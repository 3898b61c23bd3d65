-- ===== src/Text/Fields.antt =====
-- Lines and fields: `pieces` is the one list of delimiter-free texts that joins to the value.
use garcon.Prelude.{
  ℕ, ◌≡◌, refl, ap, ◌∙◌, ◌≢◌, false, inl, inr, List, [], ◌∷◌, ◌++◌, All, arith, ◌==◌, Bool-cases,
}
use garcon.Text.{Bytes, has, pieces, push_piece}

-- The texts with the delimiter between each two.
pub join : ℕ → List Bytes → Bytes
join d [] = []
join d (field ∷ []) = field
join d (field ∷ next ∷ fields) = field ++ (d ∷ join d (next ∷ fields))

abbrev pub NoDelimiter : ℕ → List Bytes → Type 0
NoDelimiter d fields = All (λ field. has d field ≡ false) fields

pieces-ne-nil : (d : ℕ) (s : Bytes) → pieces d s ≢ []
unfolding pieces
pieces-ne-nil d [] h = cc
pieces-ne-nil d (c ∷ cs) h = elim (Bool-cases (c == d)) [
  | inl here ↦ cc (rw here at h)
  | inr other ↦ pushed (pieces d cs) (rw other at h)
]
  where
    pushed : (fs : List Bytes) → push_piece c fs ≡ [] → ⊥
    pushed [] e = cc
    pushed (f ∷ fs) e = cc

join-cons : (d : ℕ) (fs : List Bytes) → fs ≢ [] → join d ([] ∷ fs) ≡ d ∷ join d fs
unfolding join
join-cons d [] h = absurd (h refl)
join-cons d (f ∷ fs) h = refl

join-push_piece : (d c : ℕ) (fs : List Bytes) → join d (push_piece c fs) ≡ c ∷ join d fs
unfolding join
join-push_piece d c [] = refl
join-push_piece d c (f ∷ []) = refl
join-push_piece d c (f ∷ g ∷ fs) = refl

pub join-pieces : (d : ℕ) (s : Bytes) → join d (pieces d s) ≡ s
unfolding pieces
join-pieces d [] = unfold join in refl
join-pieces d (c ∷ cs) = elim (Bool-cases (c == d)) [
  | inl here ↦
      let e : c ≡ d = ground arith in
      rw here
        (join-cons d (pieces d cs) (pieces-ne-nil d cs) ∙ rw e (ap (◌∷◌ d) (join-pieces d cs)))
  | inr other ↦ rw other (join-push_piece d c (pieces d cs) ∙ ap (◌∷◌ c) (join-pieces d cs))
]

NoDelimiter-push_piece :
    (d c : ℕ) (fs : List Bytes)
    → (c == d) ≡ false
    → NoDelimiter d fs
    → NoDelimiter d (push_piece c fs)
unfolding has
NoDelimiter-push_piece d c [] h k = ground arith
NoDelimiter-push_piece d c (f ∷ fs) h k = ground arith

has_nil : (d : ℕ) → has d [] ≡ false
unfolding has
has_nil d = refl

pub pieces-NoDelimiter : (d : ℕ) (s : Bytes) → NoDelimiter d (pieces d s)
unfolding pieces
pieces-NoDelimiter d [] = (has_nil d, tt)
pieces-NoDelimiter d (c ∷ cs) = elim (Bool-cases (c == d)) [
  | inl here ↦ rw here ((has_nil d, pieces-NoDelimiter d cs))
  | inr other ↦ rw other (NoDelimiter-push_piece d c (pieces d cs) other (pieces-NoDelimiter d cs))
]

pieces_end : (d : ℕ) (f : Bytes) → has d f ≡ false → pieces d f ≡ f ∷ []
unfolding pieces has
pieces_end d [] h = refl
pieces_end d (c ∷ f) h = ground (arith, pieces_end d f)

pieces-append : (d : ℕ) (f s : Bytes) → has d f ≡ false → pieces d (f ++ (d ∷ s)) ≡ f ∷ pieces d s
unfolding pieces has
pieces-append d [] s h = ground arith
pieces-append d (c ∷ f) s h = ground (arith, pieces-append d f s)

-- Any delimiter-free texts come back, so `pieces` has no other value.
pub pieces-join : (d : ℕ) (fs : List Bytes) → fs ≢ [] → NoDelimiter d fs → pieces d (join d fs) ≡ fs
unfolding join
pieces-join d [] h k = absurd (h refl)
pieces-join d (f ∷ []) h k = pieces_end d f k.0
pieces-join d (f ∷ g ∷ fs) h k =
    pieces-append d f (join d (g ∷ fs)) k.0 ∙ ap (◌∷◌ f) (pieces-join d (g ∷ fs) (λ e. cc) k.1)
◇ ◇ ◇
### AIM OF THE TASK
The answer must consist solely of the number of lines in the listing that include the string "ground".

### RESULT OF THIS EXERCISE
6